Wednesday, December 22, 2010

Just in Time!

Expectations high for panel targeting teen pregnancy;
Critics fear emphasis on condoms

Byline: Cheryl Wetzstein; The Washington Times


Leaders of a new national campaign against teen pregnancy say they plan to reduce the teen-pregnancy rate by one-third by 2005, although they're not sure how.

Well, they are never quite sure how; but intentions are all that matter.  It's all about feeling good about yourself. 

And just in time, too: 

US teen birth rate at all-time low, economy cited
-- headline, Lehigh Valley Express-Times  (et al.) 

Okay.  I know pregnancy rate > birth rate.  The difference is largely in the abortion rate, though there are also miscarriages and things of that sort.  Even so, the target of my wrath is this tidbit:

The U.S. teen birth rate in 2009 fell to its lowest point in almost 70 years of record-keeping — a decline that stunned experts who believe it's partly due to the recession.

Due to the recession?  Due to the recession??  The recession!!!?  A wet towel, please, until the anguish passes. 

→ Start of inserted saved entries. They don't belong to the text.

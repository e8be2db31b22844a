-- ===== src/Tx/Registry.antt =====
-- gzochi-server/src/tx.c: joining a transaction, and what the participants find there.
use gnu_gzochi.Base.{
  ℕ, ◌+◌, ◌%◌, ◌^◌, ◌≡◌, ◌≢◌, refl, false, Option, none, some, List, [], ◌∷◌, ◌==◌, arith,
  Option-cases, Bool-cases, ◌⊎◌, inl, inr,
}
use gnu_gzochi.Tx.{
  State, Timing, transaction_new, Participant, Registration, Transaction, Thread, register,
  find_registration, join, context,
}

module _ {D W : Type 0} where
  abbrev pub Absent : ℕ → List (Registration D W) → Type 0
  Absent name [] = Unit
  Absent name (r ∷ rs) = (r.participant.name ≢ name) × Absent name rs

  -- No two registrations have one name.
  abbrev pub HasDistinctNames : List (Registration D W) → Type 0
  HasDistinctNames [] = Unit
  HasDistinctNames (r ∷ rs) = Absent r.participant.name rs × HasDistinctNames rs

  -- An active transaction with distinct participants, or none.
  abbrev pub IsOpen : Thread D W → Type 0
  IsOpen thread = elim thread.transaction [
    | none ↦ Unit
    | some t ↦ (t.state ≡ State.active) × HasDistinctNames t.participants
  ]

  find_none-Absent :
      (name : ℕ) (rs : List (Registration D W)) → find_registration name rs ≡ none → Absent name rs
  unfolding find_registration
  find_none-Absent name [] e = tt
  find_none-Absent name (r ∷ rs) e = (ground arith, find_none-Absent name rs (ground arith))

  register-HasDistinctNames :
      (p : Participant D W) (d : D) (rs : List (Registration D W))
      → HasDistinctNames rs
      → HasDistinctNames (register p d rs)
  unfolding register
  register-HasDistinctNames p d rs h = elim (Option-cases (find_registration p.name rs)) [
    | inl e ↦ rw (e, register) (find_none-Absent p.name rs e, h)
    | inr (r, e) ↦ rw (e, register) h
  ]

  -- The participant's registration: a new one with the data, or the one that there was.
  find-register_self :
      (p : Participant D W) (d : D) (rs : List (Registration D W))
      → (r : Registration D W) × (find_registration p.name (register p d rs) ≡ some r)
        × (find_registration p.name rs ≡ none → r.context ≡ d)
  unfolding register find_registration
  find-register_self p d rs = elim (Option-cases (find_registration p.name rs)) [
    | inl e ↦ (
      record { participant = p; context = d; marked = false; retryable = false },
      rw (e, register) (ground arith),
      λ absent. refl,
    )
    | inr (r, e) ↦ (r, rw (e, register) e, λ absent. absurd (cc))
  ]

  find-register_keeps :
      (p : Participant D W) (d : D) (name : ℕ) (rs : List (Registration D W))
      → find_registration name rs ≢ none
      → find_registration name (register p d rs) ≡ find_registration name rs
  unfolding register find_registration
  find-register_keeps p d name rs found = elim (Option-cases (find_registration p.name rs)) [
    | inl e ↦
        rw (e, register)
          (elim (Bool-cases (p.name == name)) [
            | inl same ↦ let same' : p.name ≡ name = ground arith in absurd (found (rw same' at e))
            | inr other ↦ rw other
          ])
    | inr (r, e) ↦ rw (e, register)
  ]

  -- What `join` with the data `d` promises of the thread that it leaves.
  abbrev pub Joined : Participant D W → Participant D W → D → Thread D W → Thread D W → Type 0
  Joined p q d thread thread' =
      IsOpen thread'
      × ((c : D) × (context p thread' ≡ some (some c))
          × ((context p thread ≡ some (some c)) ⊎ (c ≡ d)))
      × ((c : D) → context q thread ≡ some (some c) → context q thread' ≡ some (some c))

  joined_self :
      (p : Participant D W) (d : D) (t : Transaction D W) (thread : Thread D W)
      → (c : D) × (context p (record thread {
        transaction = some (record t { participants = register p d t.participants });
      })
          ≡ some (some c))
        × ((context p (record thread { transaction = some t }) ≡ some (some c)) ⊎ (c ≡ d))
  unfolding context register
  joined_self p d t thread = elim (Option-cases (find_registration p.name t.participants)) [
    | inl e ↦
        let (r, found, new) = find-register_self p d t.participants in
        (r.context, rw found refl, inr (new e))
    | inr (r, e) ↦ (r.context, rw (register, e) (rw e refl), inl (rw e refl))
  ]

  join_open :
      (p q : Participant D W) (d : D) (t : Transaction D W) (thread : Thread D W)
      → t.state ≡ State.active
      → HasDistinctNames t.participants
      → Joined p q d
          (record thread { transaction = some t })
          (record thread {
            transaction = some (record t { participants = register p d t.participants });
          })
  unfolding context
  join_open p q d t thread active distinct = (
    (active, register-HasDistinctNames p d t.participants distinct),
    joined_self p d t thread,
    (λ c found. ground (arith, find-register_keeps p d q.name t.participants)),
  )

  abbrev JoinedBy : Participant D W → Participant D W → D → Thread D W → Type 0
  JoinedBy p q d thread =
      (thread' : Thread D W) × (join p d thread ≡ some thread') × Joined p q d thread thread'

  join_at :
      (p q : Participant D W) (d : D) (o : Option (Transaction D W)) (timing : Option Timing)
      (counter : ℕ)
      → let thread : Thread D W = record {
        transaction = o;
        timing = timing;
        transaction_counter = counter;
      } in
        IsOpen thread → JoinedBy p q d thread
  unfolding join context transaction_new find_registration
  join_at p q d none timing counter h =
      let t = transaction_new timing counter in
      let thread : Thread D W = record {
        transaction = none;
        timing = timing;
        transaction_counter = (counter + 1) % 2 ^ 64;
      } in
      let (open', registered, kept) = join_open p q d t thread refl tt in
      let (r, found, new) = find-register_self p d [] in
      (_, refl, (open', (r.context, rw found refl, inr (new refl)), λ c found. cc))
  join_at p q d (some t) timing counter h =
      let thread : Thread D W = record {
        transaction = some t;
        timing = timing;
        transaction_counter = counter;
      } in
      let joined : Transaction D W = record t { participants = register p d t.participants } in
      (
        record thread { transaction = some joined },
        rw (h.0, join),
        join_open p q d t thread h.0 h.1,
      )

  -- Joining never fails on an open thread; it leaves the thread open, in a transaction where the
  -- participant finds its data: the data that it joined with, or, if it was registered already, the
  -- data of its first join. What any participant found that was registered before, it still finds.
  pub join_lem :
      (p q : Participant D W) (d : D) (thread : Thread D W)
      → IsOpen thread
      → (thread' : Thread D W) × (join p d thread ≡ some thread') × Joined p q d thread thread'
  unfolding join
  join_lem p q d thread h =
      join_at p q d thread.transaction thread.timing thread.transaction_counter h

Don't these people look at the data?  The article in the local paper included a graph and reprinted the wire story as if the graph did not exist.  I was unable to find the graph in on-line versions of the story in the Express-Times, the Washington Post, and a couple other spot checks; so I recreated it myself from the Statistical Abstracts of the United States.  There is this caveat: the birth rates for any given year sometimes change in the tables from later years.  I did not have time to resolve that point and in most of the cases I glanced at, the adjustment was not very large. 

OK.  Here it is:



The trend line is a 50% Lowess smoother, with 2 iterations to de-emphasize outliers. 

Evidently, the experts were stunned because they had not been looking at the freaking data!!!

The tremendous drop that stunned them is the drop from the penultimate point in the graph to the ultimate point in the graph; one so minuscule as to be near invisible.  This is the speck in the eye of the PR release and wire service reporter.  The beam, of course, is that the birth rate has been decreasing very nearly monotonically since the grand maximum back in the halcyon innocent days of Beaver Cleaver and his evidently round-heeled sister back in the 1950s. 

IOW, the answer to the question why 2009 was the lowest teen birth rate on record is....  (drum roll)  ...because the birth rates have been getting steadily lower (more or less) since 1961 and this is simply the latest point in that ongoing trend. 

The recession?!!!  (Excuse me.  Wet towel, please.  Whap!  Thanks, I needed that.)  Basic rule in quality engineering: a recession that began a couple years ago cannot explain a trend that began half a freaking century ago.  That's like claiming the growth of women in the labor force was due to the Women's Lib movement; or that the increase in foreign auto sales in the 70s-90s was due to the Arab Oil Embargo.  Effects do not precede their causes. 

Any quality engineer worth his pittance would tell you that what actually needs explaining is not the trivial variation from 2008 to 2009, but
  • the steady decrease since 1962, and
  • the "hump" in the 1990s. 
And don't suppose it's necessarily the first thing to pop into your head.  Like the fact that the age of consent was lower back then.  There is still the 1940s back there, and that can't be entirely due to the 18-19 year old men being off to war.  Do not neglect to consider the quality of the data itself: were all states reporting?  Were the figures adjusted consistently?  How was a "live birth" defined?  A chart of the moving range shows erratic year-to-year swings at the beginning, but settling down to a very consistent first difference after about 1970.  Range problems are often due to measurement system problems. 

But trust me.  It's ain't the recession. 

3 comments:

  1. The Sun! http://www.smh.com.au/environment/weather/theres-a-mini-ice-age-coming-says-man-who-beats-weather-experts-20101221-1945a.html

    ReplyDelete
  2. Speculation: Do birth rates rise in response to perceived victories? The Baby Boom might have been a response to the victory in WWII and the 1990s bump a response to the victory in the Cold War.

    ReplyDelete
  3. Except that the birth rates began to rise before and during the war. The Baby Boom years were simply the crest of the wave. Birth rates in general in the US had been declining along a decaying exponential curve since 1820 (using census data) and the annual data starting in the 1900s continues the pattern with a sine wave now visible. There was a major dip in 1919 followed by a spike in 1920, after which birth rates fell immediately to the curve. I called that the Faithful Wife and Horny Soldier effect. Something similar (only larger) occurred during the second war, with the increasing births interrupted by a bigger dip followed by a big spike in 1947.